Patients with cancer in the AYA age groups require support that is different between each group and from older and younger patients. All patients must emotionally deal with a cancer diagnosis and the effects of treatment, but young AYAs are impacted by additional age-specific issues, such as interruption of education and possible delays in living independently. Patients in the older AYA groups deal with interruptions in career development, which also may affect financial independence, as well as the inability to obtain adequate health insurance. These factors are heightened in the older age category of AYAs and are joined by concerns about sexual and relationship issues, including fertility preservation. Improved mental health and support group services are needed to improve depressive symptoms that have been identified in almost one-third of AYA patients with cancer.
The authors concluded that disparities between AYAs and patients with cancer in other age groups may be lessened by increasing research and clinical trials enrollment that are directed toward AYA cancers. Societal measures include improved access to care and insurance coverage, as well as providing AYA-specific psychosocial support. They noted that several organisations have been initiated with these goals, including the Research Efforts Directed Toward AYA Cancers, The Global AYA Cancer Congress, Teen Cancer America in the US, Teenage Cancer Trust in the United Kingdom, and CanTeen Australia.

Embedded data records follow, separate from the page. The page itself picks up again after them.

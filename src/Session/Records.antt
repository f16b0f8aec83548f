-- ===== src/Session/Records.antt =====
-- Sealing and opening a record, and the small calls, of src/protocol/session.c. Behind the result
-- of the AEAD a call goes on in `seal_finish` and `open_finish`.
use mldsa_auth.Base.{
  Bool, List, Option, [], drop, false, if◌then◌else◌, leb, length, ltb, none, not, replicate, some,
  take, true, ℕ, ◌%◌, ◌&&◌, ◌++◌, ◌+◌, ◌-◌, ◌==◌, ◌^◌, ◌||◌, ◌∷◌,
}
use mldsa_auth.Base.Bytes.{all_zero, bytes_eq}
use mldsa_auth.Crypto.Aead.{Aead, aead_decrypt, aead_encrypt}
use mldsa_auth.Session.{
  Outcome, Session, State, auth, build_ad, build_nonce, empty, end_session, err_expired, expired,
  failed, initiator, inner_len_for, internal, invalid_arg, is_active, is_initiator, limit,
  load_be16, load_be64, malformed, ok, out_of_order, pad_bucket_valid, ranges_overlap, recv_key,
  refuse, replay, send_key, session_age_ms, session_content_len_bytes, session_header_bytes,
  session_max_content_bytes, session_max_plaintext_bytes, session_max_record_bytes,
  session_min_record_bytes, session_overhead_bytes, session_record_type, store_be16, store_be64,
  unexpected_state,
}

-- content_len || content || zeros
unfoldable pub padded_inner : List ℕ → ℕ → List ℕ
padded_inner pt padded_len =
    store_be16 (length pt)
    ++ (pt ++ replicate (padded_len - (session_content_len_bytes + length pt)) 0)

-- The ciphertext goes behind the header, if it has the length that it must.
unfoldable pub seal_finish : Session → ℕ → ℕ → Option (List ℕ) → Outcome
seal_finish s seq need none = end_session s failed internal (replicate need 0)
seal_finish s seq need (some ct) =
    if length ct + session_header_bytes == need
    then record {
      status = ok;
      session = s;
      out = (session_record_type ∷ store_be64 seq) ++ ct;
      len = need;
    }
    else end_session s failed internal (replicate need 0)

-- After the AEAD: the inner must be well formed, and only the content is handed back.
unfoldable pub open_inner : Session → ℕ → ℕ → List ℕ → Outcome
open_inner s seq body_len inner =
    let content_len = load_be16 inner in
    let pad_len = body_len - session_content_len_bytes - content_len in
    if ltb (body_len - session_content_len_bytes) content_len
    then end_session s failed malformed (replicate body_len 0)
    else if not (pad_len == 0)
        && not (all_zero (drop (session_content_len_bytes + content_len) inner))
    then end_session s failed malformed (replicate body_len 0)
    else record {
      status = ok;
      session = record s {
        recv_seq = (seq + 1) % 2 ^ 64;
        peer_confirmed = if is_initiator s.role then true else s.peer_confirmed;
      };
      out =
          take content_len (drop session_content_len_bytes inner)
          ++ replicate (body_len - content_len) 0;
      len = content_len;
    }

unfoldable pub open_finish : Session → ℕ → ℕ → Option (List ℕ) → Outcome
open_finish s seq body_len none = end_session s failed auth (replicate body_len 0)
open_finish s seq body_len (some inner) =
    if length inner == body_len
    then open_inner s seq body_len inner
    else end_session s failed auth (replicate body_len 0)

module _ (a : Aead) where
  -- The sequence number is taken before the encryption.
  unfoldable pub session_seal : Session → ℕ → List ℕ → ℕ → ℕ → ℕ → Outcome
  session_seal s now pt pt_at out_at out_cap =
      let padded_len = inner_len_for (length pt) s.limits.pad_bucket in
      let need = padded_len + session_overhead_bytes in
      let seq = s.send_seq in
      let advanced : Session = record s { send_seq = (seq + 1) % 2 ^ 64 } in
      if ltb session_max_content_bytes (length pt)
      then refuse s invalid_arg
      else if not (is_active s.state)
      then refuse s unexpected_state
      else if not (pad_bucket_valid s.limits.pad_bucket)
      then refuse s internal
      else if ltb out_cap need || ranges_overlap pt_at (length pt) out_at need
      then refuse s invalid_arg
      else if leb s.limits.reject_after_ms (session_age_ms s now)
          || leb s.limits.reject_after_messages s.send_seq
      then end_session s expired err_expired []
      else seal_finish advanced seq need (
          aead_encrypt a (padded_inner pt padded_len) (build_ad s s.send_dir seq) (build_nonce seq)
            (send_key s))

  unfoldable pub session_open : Session → ℕ → List ℕ → ℕ → ℕ → ℕ → Outcome
  session_open s now rec rec_at pt_at pt_cap =
      let writable =
        if ltb pt_cap session_max_plaintext_bytes then pt_cap else session_max_plaintext_bytes in
      let body_len = length rec - session_overhead_bytes in
      let seq = load_be64 (drop 1 rec) in
      if ranges_overlap rec_at (length rec) pt_at writable
      then refuse s invalid_arg
      else if not (is_active s.state)
      then refuse s unexpected_state
      else if leb s.limits.reject_after_ms (session_age_ms s now)
      then end_session s expired err_expired []
      else if ltb (length rec) session_min_record_bytes
          || ltb session_max_record_bytes (length rec)
          || not (bytes_eq (take 1 rec) (session_record_type ∷ []))
      then end_session s failed malformed []
      else if ltb pt_cap body_len
      then refuse s invalid_arg
      else if ltb seq s.recv_seq
      then end_session s failed replay []
      else if ltb s.recv_seq seq
      then end_session s failed out_of_order []
      else if leb s.limits.reject_after_messages seq
      then end_session s failed limit []
      else open_finish s seq body_len (
          aead_decrypt a (drop session_header_bytes rec) (build_ad s s.recv_dir seq)
            (build_nonce seq) (recv_key s))

-- A session of zeros. (The role 0 is neither role; what reads the role checks the state first.)
abbrev pub zero_session : Session
zero_session = record {
  state = empty;
  role = initiator;
  peer_confirmed = false;
  keys = none;
  send_dir = 0;
  recv_dir = 0;
  handshake_id = replicate 16 0;
  send_seq = 0;
  recv_seq = 0;
  start_ms = 0;
  limits = record {
    rekey_after_messages = 0;
    reject_after_messages = 0;
    rekey_after_ms = 0;
    reject_after_ms = 0;
    pad_bucket = 0;
  };
}

unfoldable pub session_wipe : Session → Session
session_wipe s = zero_session

unfoldable pub session_get_state : Session → State
session_get_state s = s.state

unfoldable pub session_is_peer_confirmed : Session → Bool
session_is_peer_confirmed s = is_active s.state && s.peer_confirmed

unfoldable pub session_rekey_due : Session → ℕ → Bool
unfolding session_age_ms
session_rekey_due s now =
    if not (is_active s.state)
    then true
    else leb s.limits.rekey_after_messages s.send_seq
      || leb s.limits.rekey_after_messages s.recv_seq
      || leb s.limits.rekey_after_ms (session_age_ms s now)
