-- ===== src/Session/Open.antt =====
-- What `session_open` of src/protocol/session.c checks before and after the AEAD.
use mldsa_auth.Base.{
  List, Option, [], arith, drop, false, if◌then◌else◌, length, ltb, take, true, ℕ, ◌-◌, ◌<◌, ◌∷◌,
  ◌≡◌, ◌≤◌,
}
use mldsa_auth.Base.Bytes.{bytes_eq}
use mldsa_auth.Crypto.Aead.{Aead, aead_decrypt}
use mldsa_auth.Session.{
  Session, build_ad, build_nonce, is_active, load_be64, ok, ranges_overlap, recv_key,
  session_age_ms, session_header_bytes, session_max_plaintext_bytes, session_max_record_bytes,
  session_min_record_bytes, session_overhead_bytes, session_record_type,
}
use mldsa_auth.Session.Records.{open_finish, session_open}

module _ (a : Aead) (s : Session) (now : ℕ) (rec : List ℕ) (rec_at pt_at room : ℕ) where
  abbrev pub body : ℕ
  body = length rec - session_overhead_bytes

  abbrev pub writable : ℕ
  writable = if ltb room session_max_plaintext_bytes then room else session_max_plaintext_bytes

  abbrev pub seq_of : ℕ
  seq_of = load_be64 (drop 1 rec)

  abbrev pub opened_text : Option (List ℕ)
  opened_text =
      aead_decrypt a (drop session_header_bytes rec) (build_ad s s.recv_dir seq_of)
        (build_nonce seq_of) (recv_key s)

  -- The checks that a record passes before any AEAD work.
  pub record OpenChecks : Type 0 where
    pub apart : ranges_overlap rec_at (length rec) pt_at writable ≡ false
    pub live : is_active s.state ≡ true
    pub young : session_age_ms s now < s.limits.reject_after_ms
    pub long : session_min_record_bytes ≤ length rec
    pub short : length rec ≤ session_max_record_bytes
    pub type_ok : bytes_eq (take 1 rec) (session_record_type ∷ []) ≡ true
    pub fits : body ≤ room
    pub in_order : seq_of ≡ s.recv_seq
    pub below : s.recv_seq < s.limits.reject_after_messages

  pub open_checked :
      OpenChecks
      → session_open a s now rec rec_at pt_at room ≡ open_finish s seq_of body opened_text
  unfolding session_open
  open_checked c = ground arith

  pub open_checks :
      (session_open a s now rec rec_at pt_at room).status ≡ ok
      → OpenChecks
        × (session_open a s now rec rec_at pt_at room ≡ open_finish s seq_of body opened_text)
  unfolding session_open
  open_checks h = ground arith
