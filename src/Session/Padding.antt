-- ===== src/Session/Padding.antt =====
-- The padding of src/protocol/session.c: sizes of the inner text and of the record.
use mldsa_auth.Base.{arith, inl, inr, true, ℕ, ◌%◌, ◌+◌, ◌<◌, ◌≡◌, ◌≤◌, ◌⊎◌}
use mldsa_auth.Session.{
  Limits, inner_len_for, limits_valid, pad_bucket_valid, session_content_len_bytes,
  session_max_content_bytes, session_max_plaintext_bytes, session_reject_after_messages,
}

-- The six buckets.
abbrev IsBucket : ℕ → Type 0
IsBucket b = (b ≡ 1) ⊎ ((b ≡ 16) ⊎ ((b ≡ 64) ⊎ ((b ≡ 256) ⊎ ((b ≡ 1024) ⊎ (b ≡ 4096)))))

IsBucket-cases : (b : ℕ) → pad_bucket_valid b ≡ true → IsBucket b
unfolding pad_bucket_valid
IsBucket-cases b h = ground arith

-- What rounding up to a bucket gives.
pub record Padded (n b inner : ℕ) : Type 0 where
  pub holds : n + session_content_len_bytes ≤ inner
  pub tight : inner < n + session_content_len_bytes + b
  pub bounded : inner ≤ session_max_plaintext_bytes
  pub whole : inner % b ≡ 0

Padded-at : (n b : ℕ) → n ≤ session_max_content_bytes → IsBucket b → Padded n b (inner_len_for n b)
unfolding inner_len_for
Padded-at n b h (inl e) = rw e (omega arith)
Padded-at n b h (inr (inl e)) = rw e (omega arith)
Padded-at n b h (inr (inr (inl e))) = rw e (omega arith)
Padded-at n b h (inr (inr (inr (inl e)))) = rw e (omega arith)
Padded-at n b h (inr (inr (inr (inr (inl e))))) = rw e (omega arith)
Padded-at n b h (inr (inr (inr (inr (inr e))))) = rw e (omega arith)

-- `inner_len_for` rounds the content and its prefix up to the next multiple of the bucket, and for
-- no allowed bucket and content does that leave the bound of the inner text.
pub inner_len_for-Padded :
    (n b : ℕ)
    → n ≤ session_max_content_bytes
    → pad_bucket_valid b ≡ true
    → Padded n b (inner_len_for n b)
inner_len_for-Padded n b h v = Padded-at n b h (IsBucket-cases b v)

-- What the later checks take from valid limits.
pub limits_bound :
    (l : Limits)
    → limits_valid l ≡ true
    → (l.reject_after_messages ≤ session_reject_after_messages)
      × (pad_bucket_valid l.pad_bucket ≡ true)
unfolding limits_valid
limits_bound l h = ground arith
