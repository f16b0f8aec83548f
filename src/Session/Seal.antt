-- ===== src/Session/Seal.antt =====
-- What a successful `session_seal` of src/protocol/session.c has checked and written.
use mldsa_auth.Base.{
  List, Option, arith, false, length, none, refl, some, true, ℕ, ◌%◌, ◌++◌, ◌+◌, ◌<◌, ◌^◌, ◌∷◌, ◌≡◌,
  ◌≤◌,
}
use mldsa_auth.Crypto.Aead.{Aead, aead_encrypt}
use mldsa_auth.Session.{
  Session, build_ad, build_nonce, inner_len_for, is_active, ok, pad_bucket_valid, ranges_overlap,
  send_key, session_age_ms, session_header_bytes, session_max_content_bytes, session_overhead_bytes,
  session_record_type, session_sealed_len, store_be64,
}
use mldsa_auth.Session.Records.{padded_inner, seal_finish, session_seal}

pub seal_finish_ok :
    (s : Session) (seq need : ℕ) (o : Option (List ℕ))
    → (seal_finish s seq need o).status ≡ ok
    → (ct : List ℕ) × (o ≡ some ct)
      × (length ct + session_header_bytes ≡ need)
      × (seal_finish s seq need o ≡ record {
        status = ok;
        session = s;
        out = (session_record_type ∷ store_be64 seq) ++ ct;
        len = need;
      })
unfolding seal_finish
seal_finish_ok s seq need none h = absurd (cc)
seal_finish_ok s seq need (some ct) h = (ct, refl, ground arith, ground arith)

module _ (a : Aead) (s : Session) (now : ℕ) (pt : List ℕ) (pt_at out_at room : ℕ) where
  abbrev pub inner_len : ℕ
  inner_len = inner_len_for (length pt) s.limits.pad_bucket

  abbrev pub reserved : Session
  reserved = record s { send_seq = (s.send_seq + 1) % 2 ^ 64 }

  abbrev pub sealed_text : Option (List ℕ)
  sealed_text =
      aead_encrypt a (padded_inner pt inner_len) (build_ad s s.send_dir s.send_seq)
        (build_nonce s.send_seq) (send_key s)

  -- The checks that a seal has passed.
  pub record SealChecks : Type 0 where
    pub content : length pt ≤ session_max_content_bytes
    pub live : is_active s.state ≡ true
    pub bucket : pad_bucket_valid s.limits.pad_bucket ≡ true
    pub fits : inner_len + session_overhead_bytes ≤ room
    pub young : session_age_ms s now < s.limits.reject_after_ms
    pub below : s.send_seq < s.limits.reject_after_messages

  pub seal_checks :
      (session_seal a s now pt pt_at out_at room).status ≡ ok
      → SealChecks
        × (session_seal a s now pt pt_at out_at room
            ≡ seal_finish reserved s.send_seq (inner_len + session_overhead_bytes) sealed_text)
  unfolding session_seal
  seal_checks h = ground arith

  pub seal_checked :
      SealChecks
      → ranges_overlap pt_at (length pt) out_at (inner_len + session_overhead_bytes) ≡ false
      → session_seal a s now pt pt_at out_at room
        ≡ seal_finish reserved s.send_seq (inner_len + session_overhead_bytes) sealed_text
  unfolding session_seal
  seal_checked c apart = ground arith

pub sealed_len_lem :
    (s : Session) (n : ℕ)
    → n ≤ session_max_content_bytes
    → pad_bucket_valid s.limits.pad_bucket ≡ true
    → session_sealed_len s n ≡ inner_len_for n s.limits.pad_bucket + session_overhead_bytes
unfolding session_sealed_len
sealed_len_lem s n h v = ground arith

pub seal_finish_done :
    (s : Session) (seq need : ℕ) (ct : List ℕ)
    → length ct + session_header_bytes ≡ need
    → seal_finish s seq need (some ct) ≡ record {
      status = ok;
      session = s;
      out = (session_record_type ∷ store_be64 seq) ++ ct;
      len = need;
    }
unfolding seal_finish
seal_finish_done s seq need ct h = ground arith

Although it was not equal across all groups, the authors found that clinical trials enrollment of AYAs increased from 14.8% in 2006 to 17.9% in 2012 and 2013. The Southwest Oncology Group and the Children’s Oncology Group (COG), among other organisations, have attempted to bridge disparities between age groups in research protocols; COG leukaemia and sarcoma research protocols extended the age of eligibility to ≥ 30 years and the Sarcoma Alliance for Research through Collaboration has lowered the minimum ages on clinical trial protocols to 12 years. Another example is the large cohort study, BRIGHTLIGHT that incorporated into the protocol specific committees dedicated to the AYA population.
The authors suggest that individuals advocate for AYA patients by seeking opportunities for trials enrollment, building collaborations with psychology colleagues, and ensuring that all patients are made aware of all financial resources available to them.
Close AG, Dreyzin A, Miller KD, et al. Adolescent and young adult oncology—past, present, and future. CA: A Cancer Journal for Clinicians 2019; 69(6):485-496. doi: 10.3322/caac.21585.